# Having both credit union and bank



## Wolfkrieg (Jul 24, 2011)

So, i've been a member at Coast Capital Credit Union since I was like 14, and it seems pretty good. But recently ive pulled most of my funds, or at least my savings, and stuck it into TD and TD Waterhouse. It is really inconvenient to have to manually go into both institutions physically just to transfer money since it can not be done online. Just curious if you guys think it is worth it to even hang on to my long time buddies at CC or if I should just ditch them and join the big bad TD full time. I have read a bit about the advantages of holding either credit unions and banks, but not sure if their are really any advantages to holding one of each at the same time.

Suggestions?


----------



## ChrisR (Jul 13, 2009)

The easiest way to transfer money between accounts at different institutions is to use the "bill payment" function through online banking. From your credit union account, set your TD Waterhouse account # as a payee for bill payments. Now you can "pay" money into your TD account the same way you pay your phone bill.
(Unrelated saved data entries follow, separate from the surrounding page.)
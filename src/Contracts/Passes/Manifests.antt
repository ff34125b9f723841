-- ===== src/Contracts/Passes/Manifests.antt =====
-- The tests of manifests, over SQLite.
use omnistash.Base.{ℕ, ◌≡◌, refl, some, [], ◌∷◌, ==_refl, string_eq}
use omnistash.Errors.{ok, err, oci, OciError}
use omnistash.Metastore.Tables.{Db, Digest, ManifestRow, pending_deletion}
use omnistash.Metastore.Sql.{new_manifest}
use omnistash.Contracts.Testing.{run_all}
use omnistash.Contracts.Metadata.Fixtures.{Digests, default_name, test_size}
use omnistash.Contracts.Metadata.Manifests.{
  test_media_type, seed_manifest, get_manifest, delete_manifest, insert_manifest_twice,
  insert_then_get_manifest, get_missing_manifest, delete_then_get_manifest, delete_missing_manifest,
  exercise_insert_manifest, exercise_get_manifest_by_digest, exercise_delete_manifest_by_digest,
  exercise_manifest_ops_contract,
}
use omnistash.Contracts.Passes.Sqlite.{store, on, new_sqlite, sqlite, named, same_key}
use omnistash.Contracts.Passes.Names.{seed_name}
use omnistash.World.{World, ◌>>=◌}

abbrev with_manifest : ℕ → Digest → Db
with_manifest now d = record (named now) {
  manifests = ((default_name, d), new_manifest now test_media_type test_size) ∷ [];
}

abbrev with_marked : ℕ → Digest → Db
with_marked now d = record (named now) {
  manifests =
      (
        (default_name, d),
        record (new_manifest now test_media_type test_size) {
          lifecycle = pending_deletion;
          deleted_at = some now;
        },
      )
      ∷ [];
}

module _ (d : Digest) (w : World) where
  abbrev there : World
  there = on w (with_manifest w.now d)

  abbrev marked : World
  marked = on w (with_marked w.now d)

  abbrev row : ManifestRow
  row = record {
    namespace = default_name;
    digest = d;
    media_type = test_media_type;
    size = test_size;
  }

  seed_first : seed_manifest store d (new_sqlite w) ≡ (ok tt, there)
  unfolding seed_manifest store
  seed_first = refl

  seed_again : seed_manifest store d there ≡ (ok tt, there)
  unfolding seed_manifest store
  seed_again = rw (same_key default_name d)

  get_there : get_manifest store d there ≡ (ok row, there)
  unfolding store
  get_there = rw (same_key default_name d)

  delete_there : delete_manifest store d there ≡ (ok tt, marked)
  unfolding store
  delete_there = rw (same_key default_name d, same_key default_name d)

  get_marked : get_manifest store d marked ≡ (err (oci OciError.manifest_unknown ∷ []), marked)
  unfolding store
  get_marked = rw (same_key default_name d)

  twice_passes : (insert_manifest_twice store d (new_sqlite w)).0 ≡ ok tt
  unfolding insert_manifest_twice ◌>>=◌
  twice_passes = rw (seed_first, seed_again, get_there)

  insert_passes : (insert_then_get_manifest store d (new_sqlite w)).0 ≡ ok tt
  unfolding insert_then_get_manifest ◌>>=◌ string_eq
  insert_passes = rw (seed_first, get_there, ==_refl d)

  missing_passes : (get_missing_manifest store d (new_sqlite w)).0 ≡ ok tt
  unfolding get_missing_manifest store
  missing_passes = rw (seed_name w)

  delete_passes : (delete_then_get_manifest store d (new_sqlite w)).0 ≡ ok tt
  unfolding delete_then_get_manifest ◌>>=◌ store
  delete_passes = rw (seed_first, delete_there, get_marked)

  delete_missing_passes : (delete_missing_manifest store d (new_sqlite w)).0 ≡ ok tt
  unfolding delete_missing_manifest store
  delete_missing_passes = rw (seed_name w)

pub manifests_pass :
    (d : Digests) (w : World) → exercise_manifest_ops_contract (sqlite d) w ≡ (ok tt, w)
unfolding exercise_manifest_ops_contract exercise_insert_manifest exercise_get_manifest_by_digest
    exercise_delete_manifest_by_digest run_all ◌>>=◌
manifests_pass d w = rw (
  twice_passes d.manifest w,
  insert_passes d.manifest w,
  missing_passes d.manifest w,
  delete_passes d.manifest w,
  delete_missing_passes d.manifest w,
  delete_passes d.manifest w,
)
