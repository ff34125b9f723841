-- ===== src/Contracts/Passes/Referrers.antt =====
-- The tests of referrers, over SQLite.
use omnistash.Base.{
  ℕ, ◌≡◌, ◌≢◌, refl, true, false, none, [], ◌∷◌, ◌==◌, ==_refl, string_eq, pair_eq, arith,
}
use omnistash.Base.{leb}
use omnistash.Errors.{ok}
use omnistash.Metastore.Tables.{Db, Key, ReferrerRow, ReferrerColumns}
use omnistash.Metastore.Sql.{referrer_columns}
use omnistash.Metastore.Tx.{stored}
use omnistash.Contracts.Testing.{run_all}
use omnistash.Contracts.Metadata.Fixtures.{Digests, default_name}
use omnistash.Contracts.Metadata.Referrers.{
  default_referrer_row, updated_type, seed_referrer, list, upsert_then_list, upsert_twice,
  upsert_nil_annotations, list_unknown, list_two, delete_then_list, delete_missing_referrer,
  exercise_upsert_referrer, exercise_list_referrers, exercise_delete_referrer,
  exercise_referrer_ops_contract,
}
use omnistash.Contracts.Passes.Sqlite.{store, on, new_sqlite, sqlite, named, same_key}
use omnistash.Contracts.Passes.Names.{seed_name}
use omnistash.World.{World, ◌>>=◌}

abbrev columns : ℕ → ReferrerRow → ReferrerColumns
columns now row = referrer_columns now (record row { annotations = stored row.annotations })

abbrev with_row : ℕ → ReferrerRow → Db
with_row now row = record (named now) {
  manifest_referrers = ((default_name, row.digest), columns now row) ∷ [];
}

abbrev with_rows : ℕ → ReferrerRow → ReferrerRow → Db
with_rows now row row' = record (named now) {
  manifest_referrers =
      ((default_name, row.digest), columns now row)
      ∷ ((default_name, row'.digest), columns now row')
      ∷ [];
}

leb_refl : (n : ℕ) → leb n n ≡ true
leb_refl n = ground arith

module _ (w : World) where
  seed_row :
      (row : ReferrerRow)
      → seed_referrer store row (on w (named w.now)) ≡ (ok tt, on w (with_row w.now row))
  unfolding seed_referrer store
  seed_row row = refl

  list_row :
      (row : ReferrerRow)
      → list store row.subject_digest (on w (with_row w.now row))
        ≡ (ok (record row { annotations = stored row.annotations } ∷ []), on w (with_row w.now row))
  unfolding store
  list_row row = rw (==_refl row.subject_digest)

module _ (d : Digests) (w : World) where
  abbrev default : ReferrerRow
  default = default_referrer_row d

  abbrev updated : ReferrerRow
  updated = record default { artifact_type = updated_type }

  abbrev second : ReferrerRow
  second = record default { digest = d.referrer_2 }

  seed_updated :
      seed_referrer store updated (on w (with_row w.now default))
      ≡ (ok tt, on w (with_row w.now updated))
  unfolding seed_referrer store
  seed_updated = rw (same_key default_name d.referrer)

  upsert_passes : (upsert_then_list store d (new_sqlite w)).0 ≡ ok tt
  unfolding upsert_then_list ◌>>=◌ string_eq pair_eq
  upsert_passes =
      rw
        (seed_name w, seed_row w default, list_row w default, ==_refl d.subject, ==_refl d.referrer)

  upsert_twice_passes : (upsert_twice store d (new_sqlite w)).0 ≡ ok tt
  unfolding upsert_twice ◌>>=◌ string_eq
  upsert_twice_passes = rw (seed_name w, seed_row w default, seed_updated, list_row w updated)

  nil_passes : (upsert_nil_annotations store d (new_sqlite w)).0 ≡ ok tt
  unfolding upsert_nil_annotations ◌>>=◌
  nil_passes =
      let row : ReferrerRow = record default { annotations = none } in
      rw (seed_name w, seed_row w row, list_row w row)

  list_unknown_passes : (list_unknown store d (new_sqlite w)).0 ≡ ok tt
  unfolding list_unknown store
  list_unknown_passes = rw (seed_name w)

  distinct_keys :
      d.referrer_2 ≢ d.referrer
      → (let k : Key = (default_name, d.referrer_2) in
          let j : Key = (default_name, d.referrer) in k == j)
        ≡ false
  distinct_keys differ = ground arith

  seed_second :
      d.referrer_2 ≢ d.referrer
      → seed_referrer store second (on w (with_row w.now default))
        ≡ (ok tt, on w (with_rows w.now default second))
  unfolding seed_referrer store
  seed_second differ = rw (distinct_keys differ)

  list-second :
      list store d.subject (on w (with_rows w.now default second))
      ≡ (ok (default ∷ second ∷ []), on w (with_rows w.now default second))
  unfolding store
  list-second = rw (==_refl d.subject, leb_refl w.now)

  list_two_passes : d.referrer_2 ≢ d.referrer → (list_two store d (new_sqlite w)).0 ≡ ok tt
  unfolding list_two ◌>>=◌
  list_two_passes differ = rw (seed_name w, seed_row w default, seed_second differ, list-second)

  delete_passes : (delete_then_list store d (new_sqlite w)).0 ≡ ok tt
  unfolding delete_then_list ◌>>=◌ store
  delete_passes = rw (seed_name w, seed_row w default, same_key default_name d.referrer)

  delete_missing_passes : (delete_missing_referrer store d (new_sqlite w)).0 ≡ ok tt
  unfolding delete_missing_referrer store
  delete_missing_passes = rw (seed_name w)

pub referrers_pass :
    (d : Digests) (w : World)
    → d.referrer_2 ≢ d.referrer
    → exercise_referrer_ops_contract (sqlite d) w ≡ (ok tt, w)
unfolding exercise_referrer_ops_contract exercise_upsert_referrer exercise_list_referrers
    exercise_delete_referrer run_all ◌>>=◌
referrers_pass d w differ = rw (
  upsert_passes d w,
  upsert_twice_passes d w,
  nil_passes d w,
  list_unknown_passes d w,
  list_two_passes d w differ,
  delete_passes d w,
  delete_missing_passes d w,
)
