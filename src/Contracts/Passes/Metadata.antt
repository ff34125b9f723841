-- ===== src/Contracts/Passes/Metadata.antt =====
-- The suite of a metadata store as a whole, over SQLite.
use omnistash.Base.{◌≡◌, ◌≢◌}
use omnistash.Errors.{ok}
use omnistash.Contracts.Testing.{run_all}
use omnistash.Contracts.Metadata.{exercise_metadata_store_contract}
use omnistash.Contracts.Metadata.Fixtures.{Digests}
use omnistash.Contracts.Passes.Sqlite.{sqlite}
use omnistash.Contracts.Passes.Names.{atomic_passes, names_pass}
use omnistash.Contracts.Passes.Blobs.{blobs_pass}
use omnistash.Contracts.Passes.Manifests.{manifests_pass}
use omnistash.Contracts.Passes.Referrers.{referrers_pass}
use omnistash.World.{World, ◌>>=◌}

-- While the engine answers, a store over SQLite passes the tests of ExerciseMetadataStoreContract, at
-- any time and whatever the digests of its fixtures are, if the two referrers have different ones;
-- the transactions of the five concurrent workers of the serialization test are run one after
-- another, and the panic of the panic test is an error that Atomic recovers and passes on.
pub exercise_metadata_store_contract_passes :
    (d : Digests) (w : World)
    → d.referrer_2 ≢ d.referrer
    → exercise_metadata_store_contract (sqlite d) w ≡ (ok tt, w)
unfolding exercise_metadata_store_contract run_all ◌>>=◌
exercise_metadata_store_contract_passes d w differ = rw (
  atomic_passes w d,
  names_pass w d,
  blobs_pass d w,
  manifests_pass d w,
  referrers_pass d w differ,
)
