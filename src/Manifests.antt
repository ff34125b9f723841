-- ===== src/Manifests.antt =====
-- The manifest service: internal/manifest/service.go, utils.go, validate.go and models.go.
use omnistash.Base.{ℕ, String, ◌<>◌, ◌==◌, string_eq, Bool, false, ◌&&◌, not, if◌then◌else◌}
use omnistash.Base.{Option, none, some, length, List, [], ◌∷◌, ◌||◌, eqb}
use omnistash.Base.Int.{pos}
use omnistash.Errors.{Result, ok, err, fail, is, oci, store, sys, OciError, StoreError, SysError}
use omnistash.Metastore.Tables.{Digest, ManifestRow, ReferrerRow}
use omnistash.Metastore.Tx
use omnistash.Metastore.Store
use omnistash.Metastore.Store.{atomic}
use omnistash.Env.{Env, Manifest, Verdict, valid, unsupported, malformed}
use omnistash.Name.{validate_name, codes}
use omnistash.Blobstore.Files.{Bytes}
use omnistash.Blobstore.Writer
use omnistash.Blobstore.Reader
use omnistash.Blobstore.Deleter
use omnistash.Blob.Service.{if_exists, map_is}
use omnistash.World.{Proc, pure, lift, attempt, quietly, ◌>>=◌, ◌>>◌}

-- models.go
pub record ManifestInfo : Type 0 where
  pub digest : Digest
  pub media_type : String
  pub size : ℕ

pub record PutResult : Type 0 where
  pub digest : Digest
  pub location : String
  pub subject : Option Digest

-- `convertRowToManifestInfo`
abbrev pub convert_row_to_manifest_info : ManifestRow → ManifestInfo
convert_row_to_manifest_info row = record {
  digest = row.digest;
  media_type = row.media_type;
  size = row.size;
}

-- `ocispec.MediaTypeImageManifest`
abbrev pub media_type_image_manifest : String
media_type_image_manifest = "application/vnd.oci.image.manifest.v1+json"

-- `deriveReferrerArtifactType`
unfoldable pub derive_referrer_artifact_type : Manifest → String
derive_referrer_artifact_type m =
    if not (m.artifact_type == "")
    then m.artifact_type
    else if (m.media_type == media_type_image_manifest) && not (m.config_media_type == "")
    then m.config_media_type
    else ""

-- The digest of the subject, if there is a subject and its digest is not empty.
abbrev pub named_subject : Option Digest → Option Digest
named_subject none = none
named_subject (some d) = if d == "" then none else some d

abbrev pub referrer_of : Manifest → Digest → ℕ → Option Digest → Option ReferrerRow
referrer_of m d size none = none
referrer_of m d size (some subject) = some (record {
  subject_digest = subject;
  digest = d;
  media_type = m.media_type;
  artifact_type = derive_referrer_artifact_type m;
  size = size;
  annotations = m.annotations;
})

-- `deriveReferrer`
unfoldable pub derive_referrer : Manifest → Digest → ℕ → Option ReferrerRow
derive_referrer m d size = referrer_of m d size (named_subject m.subject)

abbrev pub typed : String → Option Manifest → Result Manifest
typed content_type none = err (oci OciError.manifest_invalid ∷ sys SysError.external ∷ [])
typed content_type (some m) =
    let m' : Manifest = if content_type == "" then m else record m { media_type = content_type } in
    if m'.media_type == "" then fail (oci OciError.manifest_invalid) else ok m'

-- `parseManifestBody`
unfoldable pub parse_manifest_body : Env → String → Bytes → Result Manifest
parse_manifest_body env content_type body = typed content_type (env.unmarshal body)

abbrev pub parsed : Digest → Verdict → Result Digest
parsed d valid = ok d
parsed d unsupported = fail (oci OciError.digest_invalid)
parsed d malformed = fail (oci OciError.digest_invalid)

abbrev pub has : ℕ → List ℕ → Bool
has c [] = false
has c (x ∷ xs) = eqb x c || has c xs

-- `validateDigestReference`
unfoldable pub validate_digest_reference : Env → String → Result Digest
validate_digest_reference env ref =
    if has b':' (codes ref) then parsed ref (env.validate ref) else fail (oci OciError.unsupported)

-- `checkNamespaceExists`, which internal/referrer/validate.go has too
unfoldable pub check_namespace_exists : String → Proc (Unit {0})
check_namespace_exists name = do exists ← Store.namespace_exists name; lift (if_exists exists)

-- `validateContext`
unfoldable pub validate_context : Env → String → String → Proc Digest
validate_context env ns reference = do
  lift (validate_name ns)
  d ← lift (validate_digest_reference env reference)
  check_namespace_exists ns
  pure d

abbrev pub upsert_if : String → Option ReferrerRow → Proc (Unit {0})
upsert_if ns none = pure tt
upsert_if ns (some row) = Tx.upsert_referrer ns row

-- `storeManifest`
unfoldable pub store_manifest : String → String → Digest → ℕ → Option ReferrerRow → Proc (Unit {0})
store_manifest ns media_type d size ref =
    atomic (do Tx.insert_manifest ns d media_type size; upsert_if ns ref)

abbrev pub unless_committed : Result ℕ → Result (Unit {0})
unless_committed (ok n) = ok tt
unless_committed (err e) = if is e (store StoreError.blob_committed) then ok tt else err e

-- `PutManifest`
unfoldable pub put_manifest : Env → String → String → String → Bytes → Proc PutResult
put_manifest env ns reference content_type body = do
  lift (validate_name ns)
  ref ← lift (validate_digest_reference env reference)
  let d = env.from_bytes body
  lift (if d == ref then ok tt else fail (oci OciError.digest_invalid))
  check_namespace_exists ns
  m ← lift (parse_manifest_body env content_type body)
  let size = length body
  put ← attempt (Writer.put_blob env ns d (pos size) (record { bytes = body; broken = false }))
  lift (unless_committed put)
  store_manifest ns m.media_type d size (derive_referrer m d size)
  pure (record {
    digest = d;
    location = "/v2/" <> (ns <> ("/manifests/" <> d));
    subject = named_subject m.subject;
  })

-- `resolveManifest`
unfoldable pub resolve_manifest : Env → String → String → Proc ManifestRow
resolve_manifest env ns reference = do
  d ← validate_context env ns reference
  atomic (Tx.get_manifest_by_digest ns d)

-- `GetManifest`: the row and the bytes of the reader
unfoldable pub get_manifest : Env → String → String → Proc (ManifestInfo × Bytes)
get_manifest env ns reference = do
  row ← resolve_manifest env ns reference
  r ← attempt (Reader.get_blob env ns row.digest)
  got ← lift (map_is (store StoreError.blob_unknown) (oci OciError.manifest_unknown) r)
  pure (convert_row_to_manifest_info row, got.0)

-- `HeadManifest`
unfoldable pub head_manifest : Env → String → String → Proc ManifestInfo
head_manifest env ns reference = do
  row ← resolve_manifest env ns reference
  pure (convert_row_to_manifest_info row)

-- `DeleteManifest`
unfoldable pub delete_manifest : Env → String → String → Proc (Unit {0})
delete_manifest env ns reference = do
  d ← validate_context env ns reference
  atomic (do Tx.delete_manifest_by_digest ns d; Tx.delete_referrer ns d)
  quietly (Deleter.delete_blob env ns d)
And if your credit union doesn't have online banking... well, probably time to switch to a bank that's made its way out of the dark ages.


----------



## the-royal-mail (Dec 11, 2009)

Well, are you paying fees to keep accounts open at both places? If there's no fees and you're not paying any interest then I can't think of any other disadvantages to keeping both open. 

I would also ask what was so advantageous for you to have moved most of your money to another place?


----------



## andrewf (Mar 1, 2010)

I didn't know you could use bill payment to transfer money to other private bank accounts. Does this work at every bank?


----------



## NorthernRaven (Aug 4, 2010)

ChrisR was referring to TD Waterhouse, a brokerage account. I know when I set up at TDW, I was able to set up my brokerage account as a bill payee in the BMO system and transfer some initial funding that way. I'm pretty sure you can't set up a regular bank account as the destination, but once it is in the Waterhouse account you can use TD's own transfer tools to move it to chequing or savings.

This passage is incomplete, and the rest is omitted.